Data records
◆ ◆ ◆ ◆ ◆ ◆ ◆

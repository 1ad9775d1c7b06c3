-- ===== src/Schedule.antt =====
-- backend/app/core/scheduling.py. Instants are whole seconds since the epoch, in UTC; a naive
-- datetime of the source is read as UTC there, so it is an instant here. Days are ordinals.
pub mod Slot
pub mod Ticks
mod Earliest
pub mod NextSlot
mod Tests
use briefed.Base.{
  ℕ, ◌+◌, ◌-◌, ◌*◌, ◌≤◌, String, List, [], ◌∷◌, ◌++◌, Bool, true, false, ◌&&◌, Option, none, some,
  min, any, filter, ltb, leb, str_eq, if◌then◌else◌,
}
use briefed.Schedule.Slot.{parse_slot}

-- `SLOT_HALF_WINDOW`, `LAST_RUN_DEBOUNCE`, `LOCK_STALE_AFTER`
abbrev pub slot_half_window : ℕ
slot_half_window = 450

abbrev pub last_run_debounce : ℕ
last_run_debounce = 3600

abbrev pub lock_stale_after : ℕ
lock_stale_after = 1800

-- A time zone of the `tzdata` database: the local day of an instant, and the instant of a wall clock
-- time on a local day.
pub record Zone : Type 0 where
  pub day_of : ℕ → ℕ
  pub instant_of : ℕ → ℕ → ℕ → ℕ

-- The zones by name, and UTC.
pub record Zones : Type 0 where
  pub zone_info : String → Option Zone
  pub utc : Zone

pub record UserScheduleView : Type 0 where
  pub schedule_frequency : String
  pub schedule_times_local : List String
  pub schedule_timezone : String
  pub last_run_finished_at : Option ℕ
  pub current_run_id : Option String
  pub current_run_started_at : Option ℕ

-- The last run finished less than the debounce ago.
unfoldable pub is_debounced : ℕ → UserScheduleView → Bool
is_debounced now profile = elim profile.last_run_finished_at [
  | none ↦ false
  | some last ↦ ltb now (last + last_run_debounce)
]

-- A run holds the lock, and it is fresh or has no start.
unfoldable pub is_locked : ℕ → UserScheduleView → Bool
is_locked now profile = elim profile.current_run_id [
  | none ↦ false
  | some run_id ↦ elim profile.current_run_started_at [
    | none ↦ true
    | some started ↦ ltb now (started + lock_stale_after)
  ]
]

-- `abs(candidate - now) <= SLOT_HALF_WINDOW`
unfoldable pub is_near : ℕ → ℕ → Bool
is_near now candidate =
    leb candidate (now + slot_half_window) && leb now (candidate + slot_half_window)

-- `min(upcoming)`
unfoldable pub earliest : List ℕ → Option ℕ
earliest [] = none
earliest (t ∷ ts) = elim (earliest ts) [ none ↦ some t | some u ↦ some (min t u) ]

-- The inner loop: the parseable slots on one local day.
unfoldable pub slots_on : Zone → ℕ → List String → List ℕ
slots_on zone day [] = []
slots_on zone day (raw ∷ times) =
    let rest = slots_on zone day times in
    elim (parse_slot raw) [
      | none ↦ rest
      | some (hour, minute) ↦ zone.instant_of day hour minute ∷ rest
    ]

module _ (zones : Zones) where
  -- `_resolve_zone`
  unfoldable pub resolve_zone : String → Zone
  resolve_zone name = elim (zones.zone_info name) [ none ↦ zones.utc | some z ↦ z ]

  -- `_candidate_utc_slots`: the local day before, the local day and the one after.
  unfoldable pub candidate_utc_slots : ℕ → UserScheduleView → List ℕ
  unfolding slots_on resolve_zone
  candidate_utc_slots now profile =
      let zone = resolve_zone profile.schedule_timezone in
      let today = zone.day_of now in
      slots_on zone (today - 1) profile.schedule_times_local
      ++ slots_on zone today profile.schedule_times_local
      ++ slots_on zone (today + 1) profile.schedule_times_local

  unfoldable pub is_due : ℕ → UserScheduleView → Bool
  is_due now profile =
      if str_eq profile.schedule_frequency "disabled"
      then false
      else if is_debounced now profile
      then false
      else if is_locked now profile
      then false
      else any (is_near now) (candidate_utc_slots now profile)

  unfoldable pub next_slot_utc : ℕ → UserScheduleView → Option ℕ
  unfolding slots_on resolve_zone earliest
  next_slot_utc now profile =
      if str_eq profile.schedule_frequency "disabled"
      then none
      else (let zone = resolve_zone profile.schedule_timezone in
          let today = zone.day_of now in
          let slots =
            slots_on zone today profile.schedule_times_local
            ++ slots_on zone (today + 1) profile.schedule_times_local
            ++ slots_on zone (today + 2) profile.schedule_times_local in
          earliest (filter (λ t. ltb now t) slots))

◆ ◆ ◆ ◆ ◆ ◆ ◆

▶ _ACTIVITY_
Going through the records above, count the lines that hold the string "name" and give only the total.

▶ _ANSWER SPACE_
2